Evaluation

Metrics

Evaluation Metrics for the Shared Task

1. Lemmatization Task

The lemmatization task will be evaluated using the following metrics:

Accuracy (Exact Match): The percentage of words for which the predicted lemma matches the gold standard lemma exactly. This is the primary metric for evaluating the overall performance of the system.

\[\text{Accuracy} = \frac{\text{Number of Correct Lemma Predictions}}{\text{Total Number of Words}}\]
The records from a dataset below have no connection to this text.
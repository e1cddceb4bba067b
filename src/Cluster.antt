-- ===== src/Cluster.antt =====
-- internal/cluster/election.go: the registry of nodes in memory, and the elector that keeps a node's
-- lease. A call takes the reading of the clock that it makes; the elector's loop is a sequence of
-- renewals.
pub mod Elects
pub mod First
pub mod FileRegistry
pub mod Consensus
use job_raft.Task.{Err, add_time}
use job_raft.Base.{
  insert, values, ltb_ℤ, Assoc, ℕ, zero, suc, ◌+◌, ◌-◌, ◌*◌, ◌≡◌, ◌≢◌, refl, sym, ap, ◌∙◌, ◌≤◌, ◌<◌,
  ◌⊎◌, inl, inr, String, Bool, true, false, not, ◌&&◌, ◌||◌, Option, none, some, List, [], ◌∷◌,
  ◌++◌, arith, eq_iff, eq_refl, ◌==◌, ltb, if◌then◌else◌, Bool-cases, Option-cases, lookup, is_some,
  length, ℤ, pos, negsuc,
}
use job_raft.Base.{str_ltb}

-- `no_role` is the empty string, which the zero Node has.
pub data Role : Type 0 where
  no_role follower leader : Role

abbrev pub is_leader_role : Role → Bool
is_leader_role leader = true
is_leader_role _ = false

pub record Node : Type 0 where
  pub id : String
  pub role : Role
  pub last_contact : ℕ
  pub lease_until : ℕ

-- What a call of a registry fails with.
pub data RegistryErr : Type 0 where
  bad_arguments : RegistryErr
  path_required : RegistryErr
  lock_timeout : RegistryErr
  -- an error of the file system or of the JSON of the file
  storage_failed : Err → RegistryErr

-- The map of a MemoryRegistry.
abbrev pub Nodes : Type 0
Nodes = Assoc Node

-- Deletes the nodes whose lease is over.
unfoldable pub drop_expired : ℕ → Nodes → Nodes
drop_expired now [] = []
drop_expired now ((id, n) ∷ m) =
    let rest = drop_expired now m in if ltb now n.lease_until then (id, n) ∷ rest else rest

unfoldable pub as_followers : Nodes → Nodes
as_followers [] = []
as_followers ((id, n) ∷ m) = (id, record n { role = follower }) ∷ as_followers m

-- `ids[0]` once the identifiers are sorted.
unfoldable pub first_id : String → Nodes → String
first_id best [] = best
first_id best ((id, n) ∷ m) = if str_ltb id best then first_id id m else first_id best m

-- Gives the first node the role of the leader.
unfoldable pub promote : String → Nodes → Nodes
promote id [] = []
promote id ((j, n) ∷ m) = (j, if id == j then record n { role = leader } else n) ∷ promote id m

unfoldable pub crown : Nodes → Nodes
crown [] = []
crown ((id, n) ∷ m) = promote (first_id id m) ((id, n) ∷ m)

unfoldable pub renew : ℕ → String → ℤ → Nodes → (RegistryErr ⊎ Node) × Nodes
renew now id ttl m =
    if id == "" || not (ltb_ℤ (pos 0) ttl)
    then (inl bad_arguments, m)
    else (let n : Node = record {
      id = id;
      role = follower;
      last_contact = now;
      lease_until = add_time now ttl;
    } in
        let m' = crown (as_followers (insert id n (drop_expired now m))) in
        (elim (lookup id m') [ some n' ↦ inr n' | none ↦ inr n ], m'))

-- `Leader`: the first live node, now with the leader's role.
unfoldable pub find_leader : ℕ → Nodes → Option Node × Nodes
find_leader now m =
    let live = crown (drop_expired now m) in
    elim (drop_expired now m) [
      | [] ↦ (none, [])
      | (id, n) ∷ rest ↦ (lookup (first_id id rest) live, live)
    ]

unfoldable pub list_nodes : ℕ → Nodes → List Node × Nodes
list_nodes now m = let m' = crown (as_followers (drop_expired now m)) in (values m', m')

pub record Elector : Type 0 where
  pub id : String
  pub ttl : ℤ
  pub node : Node
  pub started : Bool

-- `NewElector`, for a registry that is not nil. Its node is the zero Node.
unfoldable pub new_elector : String → ℤ → RegistryErr ⊎ Elector
new_elector id ttl =
    if id == "" || not (ltb_ℤ (pos 0) ttl)
    then inl bad_arguments
    else inr (record {
      id = id;
      ttl = ttl;
      node = record { id = ""; role = no_role; last_contact = 0; lease_until = 0 };
      started = false;
    })

-- `renew` of the elector: a failed renewal leaves the node as it was.
unfoldable pub renew_elector : ℕ → Elector → Nodes → Elector × Nodes
renew_elector now e m =
    let r = renew now e.id e.ttl m in
    (elim r.0 [ inl bad ↦ e | inr n ↦ record e { node = n } ], r.1)

unfoldable pub is_leader : Elector → Bool
is_leader e = is_leader_role e.node.role

-- The interface `Registry`; each call takes the reading of the clock that it makes.
pub record Registry (R : Type 0) : Type 0 where
  pub renew : ℕ → String → ℤ → R → (RegistryErr ⊎ Node) × R
  pub leader : ℕ → R → Option Node × R
  pub list : ℕ → R → List Node × R

-- The methods of a MemoryRegistry.
unfoldable pub memory_registry : Registry Nodes
memory_registry = record { renew = renew; leader = find_leader; list = list_nodes }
Error Analysis Categories: Systems will also be evaluated qualitatively by analyzing errors across categories such as:
- Homographs: Words with the same form but different meanings or lemmas.
- Rare Lemmas: Lemmas that occur infrequently in the dataset.
- Morphological Complexity: Cases with challenging inflectional variations.

2. Token Prediction Task

The evaluation of the text completion task will include a combination of traditional accuracy metrics and perplexity to provide a comprehensive assessment of system performance.

Primary Metrics

Top-1 Accuracy: The percentage of placeholders correctly filled with the exact word predicted as the top-ranked choice by the system.

\[\text{Top-1 Accuracy} = \frac{\text{Number of Correct Predictions}}{\text{Total Number of Masked Words}}\]
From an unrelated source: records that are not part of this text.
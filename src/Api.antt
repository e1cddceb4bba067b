-- ===== src/Api.antt =====
-- internal/api/server.go: the HTTP server's state, its requests and its responses. What the Go
-- library does to a request before a handler reads it, and the JSON of a body, are functions of
-- `Library`.
pub mod Workers
pub mod Poll
pub mod Filter
pub mod Tasks
pub mod Views
pub mod Serve
pub mod Effects
pub mod Requests
pub mod Access
use job_raft.Base.{refl, inr, inl, ◌≡◌, ℕ, ◌⊎◌, String, Bool, Option, none, some, List, [], ◌∷◌, ℤ}
use job_raft.Task.{Task, Err, RetryPolicy}
use job_raft.Store.{Worker}
use job_raft.Scheduler.{Scheduler}
use job_raft.Scheduler.Metrics.{Metrics}
use job_raft.Cluster.{Node}

-- What the handlers read of an `http.Request`: `escaped_path` is `r.URL.EscapedPath()`, `query` is
-- `r.URL.Query().Get` and `header` is `r.Header.Get`.
pub record Request : Type 0 where
  pub method : String
  pub path : String
  pub escaped_path : String
  pub query : String → String
  pub header : String → String
  pub body : String

-- An entry of the answer to DELETE /tasks: the identifier, whether the record was purged (else
-- canceled), and the error, if any.
pub record Item : Type 0 where
  pub id : String
  pub purge : Bool
  pub error : Option Err

-- The value under "error": an error of the packages, or a text.
pub data Problem : Type 0 where
  returned : Err → Problem
  told : String → Problem

-- What is written after the header. `exposition` has the pending, running and retrying tasks, the
-- live workers, the latency buckets, their sum and their count.
pub data Body : Type 0 where
  nothing not_found_page admin_page : Body
  text : String → Body
  state : String → Option Err → Body
  failure : Problem → Body
  worker : Worker → Body
  live_workers : List Worker → Body
  task : Task → Body
  task_list : List Task → Body
  items : List Item → Body
  exposition : Metrics → ℕ → ℕ → ℕ → ℕ → List ℕ → ℕ → ℕ → Body
  view : Option Node → List Node → Body

pub record Response : Type 0 where
  pub code : ℕ
  pub headers : List (String × String)
  pub body : Body

-- The JSON object that POST /tasks takes; a missing field has Go's zero value.
pub record Submission : Type 0 where
  pub id : String
  pub name : String
  pub priority : ℤ
  pub depends_on : List String
  pub payload : List ℕ
  pub run_at : Option ℕ
  pub delay : ℤ
  pub timeout : ℤ
  pub schedule : ℤ
  pub retry : RetryPolicy

-- The JSON object that POST /tasks/{id}?complete=true takes.
pub record Completion : Type 0 where
  pub worker_id : String
  pub lease_token : String
  pub error : String
  pub result : List ℕ

-- What a ServeMux does with a request: it finds a pattern, or answers itself.
pub data Muxed : Type 0 where
  matched : String → Muxed
  answered : Response → Muxed

pub Muxed-cases :
    (x : Muxed) → ((p : String) × (x ≡ matched p)) ⊎ ((r : Response) × (x ≡ answered r))
Muxed-cases (matched p) = inl (p, refl)
Muxed-cases (answered r) = inr (r, refl)

-- The functions of the Go library. A decoder reads at most 2 ^ 20 bytes of a body and gives the text
-- of its error, or the value. `mux` takes the patterns that were registered.
pub record Library : Type 0 where
  pub path_unescape : String → Option String
  pub parse_duration : String → Option ℤ
  pub atoi : String → Option ℤ
  pub trim_space : String → String
  pub decode_id : String → String ⊎ String
  pub decode_ids : String → String ⊎ List String
  pub decode_lease_token : String → String ⊎ String
  pub decode_completion : String → String ⊎ Completion
  pub decode_submission : String → String ⊎ Submission
  pub mux : List String → Request → Muxed

-- `registry` is `none` where the source has nil.
pub record Server (S R : Type 0) : Type 0 where
  pub scheduler : Scheduler S
  pub registry : Option R
  pub token : String

unfoldable pub new_with_cluster_token : {S R : Type 0} → Scheduler S → R → String → Server S R
new_with_cluster_token s r token = record { scheduler = s; registry = some r; token = token }

unfoldable pub new_with_token : {S R : Type 0} → Scheduler S → String → Server S R
new_with_token s token = record { scheduler = s; registry = none; token = token }

unfoldable pub new_with_cluster : {S R : Type 0} → Scheduler S → R → Server S R
new_with_cluster s r = record { scheduler = s; registry = some r; token = "" }

-- `New` of package api.
unfoldable pub new_server : {S R : Type 0} → Scheduler S → Server S R
new_server s = record { scheduler = s; registry = none; token = "" }

-- `w.WriteHeader`
abbrev pub only_status : ℕ → Response
only_status code = record { code = code; headers = []; body = nothing }

unfoldable pub write_json : ℕ → Body → Response
write_json status v = record {
  code = status;
  headers = ("Content-Type", "application/json") ∷ [];
  body = v;
}

-- `http.NotFound`
abbrev pub not_found_response : Response
not_found_response = record { code = 404; headers = []; body = not_found_page }

abbrev pub failed_with : ℕ → Err → Response
failed_with status e = write_json status (failure (returned e))

abbrev pub failed_text : ℕ → String → Response
failed_text status s = write_json status (failure (told s))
Top-3 Accuracy: this metric evaluates whether the correct word appears within the top k predictions

\[\text{Top-}3 \, \text{Accuracy} = \frac{\text{Number of Masked Words where the Correct Word is in the Top-}3 \, \text{Predictions}}{\text{Total Number of Masked Words}}\]

Secondary Metrics

Perplexity:
Perplexity evaluates how well a probabilistic model predicts masked tokens by measuring the uncertainty in its predictions. Lower perplexity indicates better performance, with the model assigning higher probabilities to the correct completions.

\[\text{Perplexity} = \exp\left(-\frac{1}{N} \sum_{i=1}^{N} \log P(w_i | \text{context})\right)\]

This metric is critical for assessing probabilistic models’ generalization capabilities across different contexts.

We will normalize and combine these metrics to get a single score for this task.